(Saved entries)

· · · ·

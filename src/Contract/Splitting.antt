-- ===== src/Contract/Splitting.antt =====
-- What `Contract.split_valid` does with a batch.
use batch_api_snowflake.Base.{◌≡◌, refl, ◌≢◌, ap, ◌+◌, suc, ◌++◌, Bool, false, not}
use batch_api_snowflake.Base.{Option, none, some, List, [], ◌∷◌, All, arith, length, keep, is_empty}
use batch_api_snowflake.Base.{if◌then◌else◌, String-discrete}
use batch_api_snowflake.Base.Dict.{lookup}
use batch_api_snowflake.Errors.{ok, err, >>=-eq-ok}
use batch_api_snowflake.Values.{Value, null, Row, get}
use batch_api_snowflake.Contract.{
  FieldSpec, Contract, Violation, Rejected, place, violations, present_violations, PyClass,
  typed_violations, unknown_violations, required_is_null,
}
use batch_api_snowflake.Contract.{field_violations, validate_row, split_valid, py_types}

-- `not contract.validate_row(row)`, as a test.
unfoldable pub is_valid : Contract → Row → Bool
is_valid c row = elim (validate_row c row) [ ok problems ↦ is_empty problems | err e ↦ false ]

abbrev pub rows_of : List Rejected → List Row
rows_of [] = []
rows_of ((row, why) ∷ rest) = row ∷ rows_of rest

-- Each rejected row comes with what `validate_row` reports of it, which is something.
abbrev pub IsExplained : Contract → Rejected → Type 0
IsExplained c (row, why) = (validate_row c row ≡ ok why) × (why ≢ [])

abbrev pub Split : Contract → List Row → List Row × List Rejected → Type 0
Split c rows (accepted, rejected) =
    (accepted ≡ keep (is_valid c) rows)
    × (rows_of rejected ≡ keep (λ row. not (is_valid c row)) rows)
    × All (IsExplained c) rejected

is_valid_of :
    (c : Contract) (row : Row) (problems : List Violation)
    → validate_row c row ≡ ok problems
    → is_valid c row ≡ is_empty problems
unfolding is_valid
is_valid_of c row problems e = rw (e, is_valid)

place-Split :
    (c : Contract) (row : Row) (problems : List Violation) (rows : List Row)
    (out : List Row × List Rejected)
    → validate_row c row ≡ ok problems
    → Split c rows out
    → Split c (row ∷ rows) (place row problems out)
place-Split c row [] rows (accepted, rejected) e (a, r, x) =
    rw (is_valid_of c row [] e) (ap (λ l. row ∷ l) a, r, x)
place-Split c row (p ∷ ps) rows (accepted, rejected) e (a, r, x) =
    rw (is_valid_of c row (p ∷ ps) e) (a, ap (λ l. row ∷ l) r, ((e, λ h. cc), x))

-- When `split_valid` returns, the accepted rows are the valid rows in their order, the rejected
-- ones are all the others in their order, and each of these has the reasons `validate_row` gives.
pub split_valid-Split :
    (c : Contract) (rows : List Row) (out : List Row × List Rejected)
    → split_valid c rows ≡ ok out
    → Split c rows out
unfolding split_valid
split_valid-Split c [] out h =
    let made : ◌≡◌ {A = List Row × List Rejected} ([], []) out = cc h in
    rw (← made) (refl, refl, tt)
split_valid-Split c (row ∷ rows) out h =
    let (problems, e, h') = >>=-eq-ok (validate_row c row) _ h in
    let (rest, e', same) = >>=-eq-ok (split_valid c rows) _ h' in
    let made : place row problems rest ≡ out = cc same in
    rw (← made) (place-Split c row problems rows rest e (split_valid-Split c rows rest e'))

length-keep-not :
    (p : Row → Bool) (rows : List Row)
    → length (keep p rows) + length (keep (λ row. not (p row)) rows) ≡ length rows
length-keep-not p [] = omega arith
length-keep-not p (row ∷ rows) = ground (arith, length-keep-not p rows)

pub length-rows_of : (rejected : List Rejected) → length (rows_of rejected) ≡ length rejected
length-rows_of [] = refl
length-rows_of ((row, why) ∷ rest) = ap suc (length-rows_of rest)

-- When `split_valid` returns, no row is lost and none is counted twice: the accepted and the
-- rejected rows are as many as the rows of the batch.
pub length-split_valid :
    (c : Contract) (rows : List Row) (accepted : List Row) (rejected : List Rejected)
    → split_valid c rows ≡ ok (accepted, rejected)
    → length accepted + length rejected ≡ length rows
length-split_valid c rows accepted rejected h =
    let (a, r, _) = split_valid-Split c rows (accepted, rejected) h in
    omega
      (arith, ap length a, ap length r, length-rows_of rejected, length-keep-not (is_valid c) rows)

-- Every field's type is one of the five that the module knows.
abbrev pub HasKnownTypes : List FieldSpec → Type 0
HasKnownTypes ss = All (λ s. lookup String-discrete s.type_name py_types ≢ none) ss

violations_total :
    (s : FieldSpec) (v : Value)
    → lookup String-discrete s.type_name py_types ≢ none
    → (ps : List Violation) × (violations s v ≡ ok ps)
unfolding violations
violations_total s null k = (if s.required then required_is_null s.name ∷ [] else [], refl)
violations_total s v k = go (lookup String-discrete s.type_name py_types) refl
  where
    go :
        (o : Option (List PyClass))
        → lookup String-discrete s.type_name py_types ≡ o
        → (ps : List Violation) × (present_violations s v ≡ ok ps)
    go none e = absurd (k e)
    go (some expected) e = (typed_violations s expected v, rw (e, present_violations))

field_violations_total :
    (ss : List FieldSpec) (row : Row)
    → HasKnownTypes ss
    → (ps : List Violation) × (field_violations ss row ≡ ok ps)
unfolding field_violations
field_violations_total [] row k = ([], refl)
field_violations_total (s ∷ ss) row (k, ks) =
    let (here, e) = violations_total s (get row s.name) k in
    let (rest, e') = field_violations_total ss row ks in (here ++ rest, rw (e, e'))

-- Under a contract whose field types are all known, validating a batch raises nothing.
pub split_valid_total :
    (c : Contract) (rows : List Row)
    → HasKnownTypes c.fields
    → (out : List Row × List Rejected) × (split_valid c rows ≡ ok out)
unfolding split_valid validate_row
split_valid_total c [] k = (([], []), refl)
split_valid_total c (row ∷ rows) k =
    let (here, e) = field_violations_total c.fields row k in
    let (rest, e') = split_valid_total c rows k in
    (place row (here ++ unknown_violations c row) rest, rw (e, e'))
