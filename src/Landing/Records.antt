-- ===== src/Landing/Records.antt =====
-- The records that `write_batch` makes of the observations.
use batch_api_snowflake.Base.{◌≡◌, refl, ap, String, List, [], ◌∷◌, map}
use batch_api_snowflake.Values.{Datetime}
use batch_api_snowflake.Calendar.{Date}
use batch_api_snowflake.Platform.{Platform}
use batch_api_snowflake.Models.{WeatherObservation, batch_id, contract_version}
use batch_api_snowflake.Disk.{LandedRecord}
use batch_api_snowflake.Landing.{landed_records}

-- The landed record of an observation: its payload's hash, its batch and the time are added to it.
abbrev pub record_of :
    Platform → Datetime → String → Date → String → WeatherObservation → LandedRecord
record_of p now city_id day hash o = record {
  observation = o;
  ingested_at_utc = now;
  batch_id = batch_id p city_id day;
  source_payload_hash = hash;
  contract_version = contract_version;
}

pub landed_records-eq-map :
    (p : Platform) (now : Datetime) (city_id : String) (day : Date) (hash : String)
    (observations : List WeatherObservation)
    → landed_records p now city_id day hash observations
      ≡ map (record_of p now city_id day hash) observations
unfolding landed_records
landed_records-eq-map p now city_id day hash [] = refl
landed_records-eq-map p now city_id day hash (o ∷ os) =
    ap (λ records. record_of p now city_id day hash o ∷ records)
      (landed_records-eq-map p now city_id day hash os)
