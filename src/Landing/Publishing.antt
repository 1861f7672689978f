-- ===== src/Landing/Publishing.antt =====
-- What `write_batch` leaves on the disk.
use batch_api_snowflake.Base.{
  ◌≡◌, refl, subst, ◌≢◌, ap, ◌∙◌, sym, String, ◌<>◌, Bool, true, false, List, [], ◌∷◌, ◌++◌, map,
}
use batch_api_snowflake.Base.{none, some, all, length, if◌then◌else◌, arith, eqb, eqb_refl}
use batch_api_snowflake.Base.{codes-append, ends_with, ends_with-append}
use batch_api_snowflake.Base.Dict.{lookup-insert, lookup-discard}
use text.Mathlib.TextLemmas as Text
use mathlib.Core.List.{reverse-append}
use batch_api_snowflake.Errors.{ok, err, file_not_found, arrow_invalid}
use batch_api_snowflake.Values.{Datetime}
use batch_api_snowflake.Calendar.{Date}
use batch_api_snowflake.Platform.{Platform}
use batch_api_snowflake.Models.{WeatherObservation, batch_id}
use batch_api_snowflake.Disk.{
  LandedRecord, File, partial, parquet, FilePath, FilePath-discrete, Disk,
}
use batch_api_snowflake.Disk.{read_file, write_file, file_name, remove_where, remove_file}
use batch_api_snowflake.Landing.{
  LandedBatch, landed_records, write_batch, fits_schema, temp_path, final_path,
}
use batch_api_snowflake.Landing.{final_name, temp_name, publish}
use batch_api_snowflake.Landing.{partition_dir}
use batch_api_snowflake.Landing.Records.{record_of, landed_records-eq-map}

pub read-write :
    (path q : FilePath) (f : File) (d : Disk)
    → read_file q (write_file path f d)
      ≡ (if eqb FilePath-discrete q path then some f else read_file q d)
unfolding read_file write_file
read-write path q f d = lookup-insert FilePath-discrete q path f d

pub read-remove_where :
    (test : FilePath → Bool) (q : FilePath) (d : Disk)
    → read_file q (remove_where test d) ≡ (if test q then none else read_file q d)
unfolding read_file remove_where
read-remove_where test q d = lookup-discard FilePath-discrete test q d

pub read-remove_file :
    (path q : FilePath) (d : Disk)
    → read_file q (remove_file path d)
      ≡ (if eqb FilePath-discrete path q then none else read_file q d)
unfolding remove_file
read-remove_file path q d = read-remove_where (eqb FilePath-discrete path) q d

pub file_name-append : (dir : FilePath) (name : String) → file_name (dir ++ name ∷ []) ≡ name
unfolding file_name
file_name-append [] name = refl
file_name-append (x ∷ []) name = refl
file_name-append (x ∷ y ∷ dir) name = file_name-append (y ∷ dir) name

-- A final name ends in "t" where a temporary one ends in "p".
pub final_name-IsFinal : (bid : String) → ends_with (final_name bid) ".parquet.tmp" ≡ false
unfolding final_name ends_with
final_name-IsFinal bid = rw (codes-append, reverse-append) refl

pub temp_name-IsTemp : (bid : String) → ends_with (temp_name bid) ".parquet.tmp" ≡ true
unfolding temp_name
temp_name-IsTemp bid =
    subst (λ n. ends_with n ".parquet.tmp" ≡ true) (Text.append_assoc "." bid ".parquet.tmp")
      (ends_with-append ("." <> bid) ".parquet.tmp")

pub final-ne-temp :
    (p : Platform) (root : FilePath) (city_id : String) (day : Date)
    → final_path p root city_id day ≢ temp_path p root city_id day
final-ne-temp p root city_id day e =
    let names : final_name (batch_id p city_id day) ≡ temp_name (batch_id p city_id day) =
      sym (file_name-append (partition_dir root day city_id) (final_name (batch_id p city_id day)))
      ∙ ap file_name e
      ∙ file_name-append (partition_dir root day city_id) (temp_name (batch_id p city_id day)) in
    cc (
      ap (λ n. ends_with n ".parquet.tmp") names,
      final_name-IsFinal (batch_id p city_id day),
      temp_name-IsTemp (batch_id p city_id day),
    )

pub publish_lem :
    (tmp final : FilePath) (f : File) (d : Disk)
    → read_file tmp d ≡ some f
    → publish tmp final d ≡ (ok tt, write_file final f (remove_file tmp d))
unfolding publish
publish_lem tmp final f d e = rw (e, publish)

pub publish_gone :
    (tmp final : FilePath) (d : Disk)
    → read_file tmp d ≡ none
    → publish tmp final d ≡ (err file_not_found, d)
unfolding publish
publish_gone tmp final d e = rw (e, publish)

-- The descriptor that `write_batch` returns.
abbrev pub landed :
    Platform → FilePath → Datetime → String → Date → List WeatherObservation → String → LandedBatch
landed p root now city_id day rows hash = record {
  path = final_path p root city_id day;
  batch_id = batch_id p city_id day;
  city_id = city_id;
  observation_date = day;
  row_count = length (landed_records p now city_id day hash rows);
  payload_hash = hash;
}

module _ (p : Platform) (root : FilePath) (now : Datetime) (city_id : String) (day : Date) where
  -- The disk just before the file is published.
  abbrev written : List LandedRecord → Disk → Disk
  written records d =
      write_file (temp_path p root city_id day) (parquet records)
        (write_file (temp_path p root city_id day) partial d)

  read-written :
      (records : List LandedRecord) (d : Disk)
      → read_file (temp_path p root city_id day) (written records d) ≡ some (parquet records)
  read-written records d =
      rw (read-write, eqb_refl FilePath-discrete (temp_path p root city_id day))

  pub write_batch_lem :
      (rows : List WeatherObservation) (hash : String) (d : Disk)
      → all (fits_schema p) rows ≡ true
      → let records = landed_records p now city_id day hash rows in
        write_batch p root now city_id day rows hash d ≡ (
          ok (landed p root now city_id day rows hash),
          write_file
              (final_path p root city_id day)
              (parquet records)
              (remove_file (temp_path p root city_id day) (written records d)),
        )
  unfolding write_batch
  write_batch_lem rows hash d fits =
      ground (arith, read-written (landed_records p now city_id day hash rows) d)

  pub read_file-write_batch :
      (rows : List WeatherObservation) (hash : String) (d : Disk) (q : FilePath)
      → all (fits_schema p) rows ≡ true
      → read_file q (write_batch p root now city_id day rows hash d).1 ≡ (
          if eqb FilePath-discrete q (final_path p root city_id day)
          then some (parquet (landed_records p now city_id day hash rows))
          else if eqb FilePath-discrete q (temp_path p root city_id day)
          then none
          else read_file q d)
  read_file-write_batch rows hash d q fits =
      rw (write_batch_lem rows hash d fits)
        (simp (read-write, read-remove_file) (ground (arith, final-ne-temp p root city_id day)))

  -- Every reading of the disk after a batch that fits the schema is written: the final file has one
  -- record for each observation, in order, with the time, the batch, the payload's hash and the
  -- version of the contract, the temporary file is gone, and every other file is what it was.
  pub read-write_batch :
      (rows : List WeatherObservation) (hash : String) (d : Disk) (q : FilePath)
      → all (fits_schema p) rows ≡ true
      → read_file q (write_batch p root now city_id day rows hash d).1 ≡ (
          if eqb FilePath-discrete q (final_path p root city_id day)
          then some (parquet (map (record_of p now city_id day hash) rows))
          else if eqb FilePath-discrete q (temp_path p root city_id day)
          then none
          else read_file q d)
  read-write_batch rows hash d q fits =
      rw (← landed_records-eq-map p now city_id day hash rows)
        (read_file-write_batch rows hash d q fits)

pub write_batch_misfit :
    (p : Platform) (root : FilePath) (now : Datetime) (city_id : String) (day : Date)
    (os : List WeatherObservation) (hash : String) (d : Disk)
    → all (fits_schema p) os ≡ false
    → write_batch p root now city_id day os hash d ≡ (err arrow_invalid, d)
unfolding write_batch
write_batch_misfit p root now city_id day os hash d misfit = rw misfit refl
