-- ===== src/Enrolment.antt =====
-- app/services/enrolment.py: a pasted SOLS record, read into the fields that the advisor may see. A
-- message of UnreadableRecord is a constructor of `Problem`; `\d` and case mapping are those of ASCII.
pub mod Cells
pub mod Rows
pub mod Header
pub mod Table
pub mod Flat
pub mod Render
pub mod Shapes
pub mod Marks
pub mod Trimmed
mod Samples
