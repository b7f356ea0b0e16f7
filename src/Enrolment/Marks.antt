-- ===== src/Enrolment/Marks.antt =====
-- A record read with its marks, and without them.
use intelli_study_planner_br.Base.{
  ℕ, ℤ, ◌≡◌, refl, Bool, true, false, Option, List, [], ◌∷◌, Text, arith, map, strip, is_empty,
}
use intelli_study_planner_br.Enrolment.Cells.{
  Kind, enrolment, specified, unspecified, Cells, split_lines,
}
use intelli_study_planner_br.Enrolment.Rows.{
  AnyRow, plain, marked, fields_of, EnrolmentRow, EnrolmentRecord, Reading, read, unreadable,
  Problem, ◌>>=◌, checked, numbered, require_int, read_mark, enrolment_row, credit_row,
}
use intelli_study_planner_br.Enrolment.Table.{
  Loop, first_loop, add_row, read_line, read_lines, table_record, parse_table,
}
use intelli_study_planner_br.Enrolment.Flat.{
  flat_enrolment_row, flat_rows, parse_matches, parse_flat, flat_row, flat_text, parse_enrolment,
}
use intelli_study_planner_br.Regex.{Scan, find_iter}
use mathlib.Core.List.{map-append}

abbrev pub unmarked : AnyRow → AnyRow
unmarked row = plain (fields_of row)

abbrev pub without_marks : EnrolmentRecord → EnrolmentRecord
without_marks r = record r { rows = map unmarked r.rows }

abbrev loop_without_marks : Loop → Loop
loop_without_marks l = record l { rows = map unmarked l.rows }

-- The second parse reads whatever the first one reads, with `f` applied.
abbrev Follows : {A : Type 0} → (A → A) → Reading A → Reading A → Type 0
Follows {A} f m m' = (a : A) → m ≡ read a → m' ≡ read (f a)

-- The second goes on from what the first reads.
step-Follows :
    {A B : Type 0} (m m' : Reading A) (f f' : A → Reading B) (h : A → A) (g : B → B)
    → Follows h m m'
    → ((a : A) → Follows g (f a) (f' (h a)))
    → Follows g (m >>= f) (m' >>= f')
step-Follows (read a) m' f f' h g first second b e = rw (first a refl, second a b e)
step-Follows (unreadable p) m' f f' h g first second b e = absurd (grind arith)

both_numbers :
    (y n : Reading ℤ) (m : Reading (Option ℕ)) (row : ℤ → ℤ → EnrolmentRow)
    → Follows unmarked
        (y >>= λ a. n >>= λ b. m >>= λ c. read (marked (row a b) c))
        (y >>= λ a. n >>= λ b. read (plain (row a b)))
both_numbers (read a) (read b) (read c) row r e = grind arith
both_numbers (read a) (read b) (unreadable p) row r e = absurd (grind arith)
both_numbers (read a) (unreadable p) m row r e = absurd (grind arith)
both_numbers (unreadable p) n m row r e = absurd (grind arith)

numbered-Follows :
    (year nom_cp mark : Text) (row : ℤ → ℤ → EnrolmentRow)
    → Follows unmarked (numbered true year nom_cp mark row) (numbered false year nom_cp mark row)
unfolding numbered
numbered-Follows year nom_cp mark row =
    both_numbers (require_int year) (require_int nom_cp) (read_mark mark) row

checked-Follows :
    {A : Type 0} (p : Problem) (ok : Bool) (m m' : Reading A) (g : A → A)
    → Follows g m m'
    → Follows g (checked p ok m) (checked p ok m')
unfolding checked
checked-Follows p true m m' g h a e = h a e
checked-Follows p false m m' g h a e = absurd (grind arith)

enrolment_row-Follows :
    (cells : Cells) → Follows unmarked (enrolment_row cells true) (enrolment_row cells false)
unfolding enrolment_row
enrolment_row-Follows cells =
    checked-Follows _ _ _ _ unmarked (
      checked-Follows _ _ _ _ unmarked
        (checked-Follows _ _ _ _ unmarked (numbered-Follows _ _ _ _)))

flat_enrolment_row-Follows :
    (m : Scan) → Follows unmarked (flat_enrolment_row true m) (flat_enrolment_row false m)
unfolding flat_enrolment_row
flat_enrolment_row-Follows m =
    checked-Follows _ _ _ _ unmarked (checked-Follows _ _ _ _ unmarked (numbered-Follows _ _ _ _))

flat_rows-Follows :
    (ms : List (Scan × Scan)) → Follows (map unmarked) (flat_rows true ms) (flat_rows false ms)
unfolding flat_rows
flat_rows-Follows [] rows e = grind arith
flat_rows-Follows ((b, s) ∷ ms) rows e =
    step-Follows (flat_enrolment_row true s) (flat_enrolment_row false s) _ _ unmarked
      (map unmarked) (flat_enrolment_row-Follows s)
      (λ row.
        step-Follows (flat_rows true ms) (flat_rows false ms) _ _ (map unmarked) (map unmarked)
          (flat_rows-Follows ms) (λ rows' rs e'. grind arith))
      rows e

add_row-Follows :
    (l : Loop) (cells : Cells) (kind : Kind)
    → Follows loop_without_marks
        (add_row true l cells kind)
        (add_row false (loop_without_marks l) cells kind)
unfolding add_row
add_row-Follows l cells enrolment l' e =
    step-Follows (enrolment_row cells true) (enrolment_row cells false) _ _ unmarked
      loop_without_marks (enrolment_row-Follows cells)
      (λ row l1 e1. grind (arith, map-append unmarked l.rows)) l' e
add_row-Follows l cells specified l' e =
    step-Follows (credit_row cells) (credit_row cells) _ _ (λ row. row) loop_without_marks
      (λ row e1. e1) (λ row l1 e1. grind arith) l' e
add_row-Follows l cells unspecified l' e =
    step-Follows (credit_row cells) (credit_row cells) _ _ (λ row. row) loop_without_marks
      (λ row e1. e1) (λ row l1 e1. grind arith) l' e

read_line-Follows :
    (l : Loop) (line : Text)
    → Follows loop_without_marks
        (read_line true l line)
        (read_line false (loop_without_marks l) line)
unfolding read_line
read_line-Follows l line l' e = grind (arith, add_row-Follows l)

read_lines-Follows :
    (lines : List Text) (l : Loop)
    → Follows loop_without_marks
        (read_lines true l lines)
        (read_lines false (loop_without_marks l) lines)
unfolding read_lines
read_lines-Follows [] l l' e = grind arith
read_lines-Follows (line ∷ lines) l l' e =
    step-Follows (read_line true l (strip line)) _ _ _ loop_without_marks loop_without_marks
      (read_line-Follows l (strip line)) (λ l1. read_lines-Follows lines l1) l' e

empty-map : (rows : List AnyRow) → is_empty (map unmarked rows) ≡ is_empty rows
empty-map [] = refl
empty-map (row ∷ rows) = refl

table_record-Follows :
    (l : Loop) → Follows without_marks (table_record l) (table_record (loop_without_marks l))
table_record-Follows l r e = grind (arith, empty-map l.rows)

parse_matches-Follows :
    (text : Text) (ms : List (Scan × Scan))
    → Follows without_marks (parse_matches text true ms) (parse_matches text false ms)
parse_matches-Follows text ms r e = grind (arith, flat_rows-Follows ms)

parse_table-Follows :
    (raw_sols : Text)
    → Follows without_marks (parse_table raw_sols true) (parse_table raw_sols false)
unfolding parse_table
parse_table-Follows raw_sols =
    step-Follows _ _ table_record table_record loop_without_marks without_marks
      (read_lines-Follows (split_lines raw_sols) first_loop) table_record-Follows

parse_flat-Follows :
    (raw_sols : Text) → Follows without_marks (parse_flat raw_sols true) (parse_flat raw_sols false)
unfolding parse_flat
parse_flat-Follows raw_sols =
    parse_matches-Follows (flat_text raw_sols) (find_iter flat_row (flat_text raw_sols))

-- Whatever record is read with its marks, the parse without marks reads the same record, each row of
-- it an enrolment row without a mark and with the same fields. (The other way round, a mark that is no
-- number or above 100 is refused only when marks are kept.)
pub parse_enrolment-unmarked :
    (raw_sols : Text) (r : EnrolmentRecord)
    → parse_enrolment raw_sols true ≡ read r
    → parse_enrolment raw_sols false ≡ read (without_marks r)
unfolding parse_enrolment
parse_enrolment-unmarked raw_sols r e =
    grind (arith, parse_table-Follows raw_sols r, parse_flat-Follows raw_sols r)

· · · ·

Retype exactly the lines above, from the one with "(f a) (f' (h a)))" through the one with "(year nom_cp mark", inclusive.

- _Reply to the task_:
    → ((a : A) → Follows g (f a) (f' (h a)))
    → Follows g (m >>= f) (m' >>= f')
step-Follows (read a) m' f f' h g first second b e = rw (first a refl, second a b e)
step-Follows (unreadable p) m' f f' h g first second b e = absurd (grind arith)

both_numbers :
    (y n : Reading ℤ) (m : Reading (Option ℕ)) (row : ℤ → ℤ → EnrolmentRow)
    → Follows unmarked
        (y >>= λ a. n >>= λ b. m >>= λ c. read (marked (row a b) c))
        (y >>= λ a. n >>= λ b. read (plain (row a b)))
both_numbers (read a) (read b) (read c) row r e = grind arith
both_numbers (read a) (read b) (unreadable p) row r e = absurd (grind arith)
both_numbers (read a) (unreadable p) m row r e = absurd (grind arith)
both_numbers (unreadable p) n m row r e = absurd (grind arith)

numbered-Follows :
    (year nom_cp mark : Text) (row : ℤ → ℤ → EnrolmentRow)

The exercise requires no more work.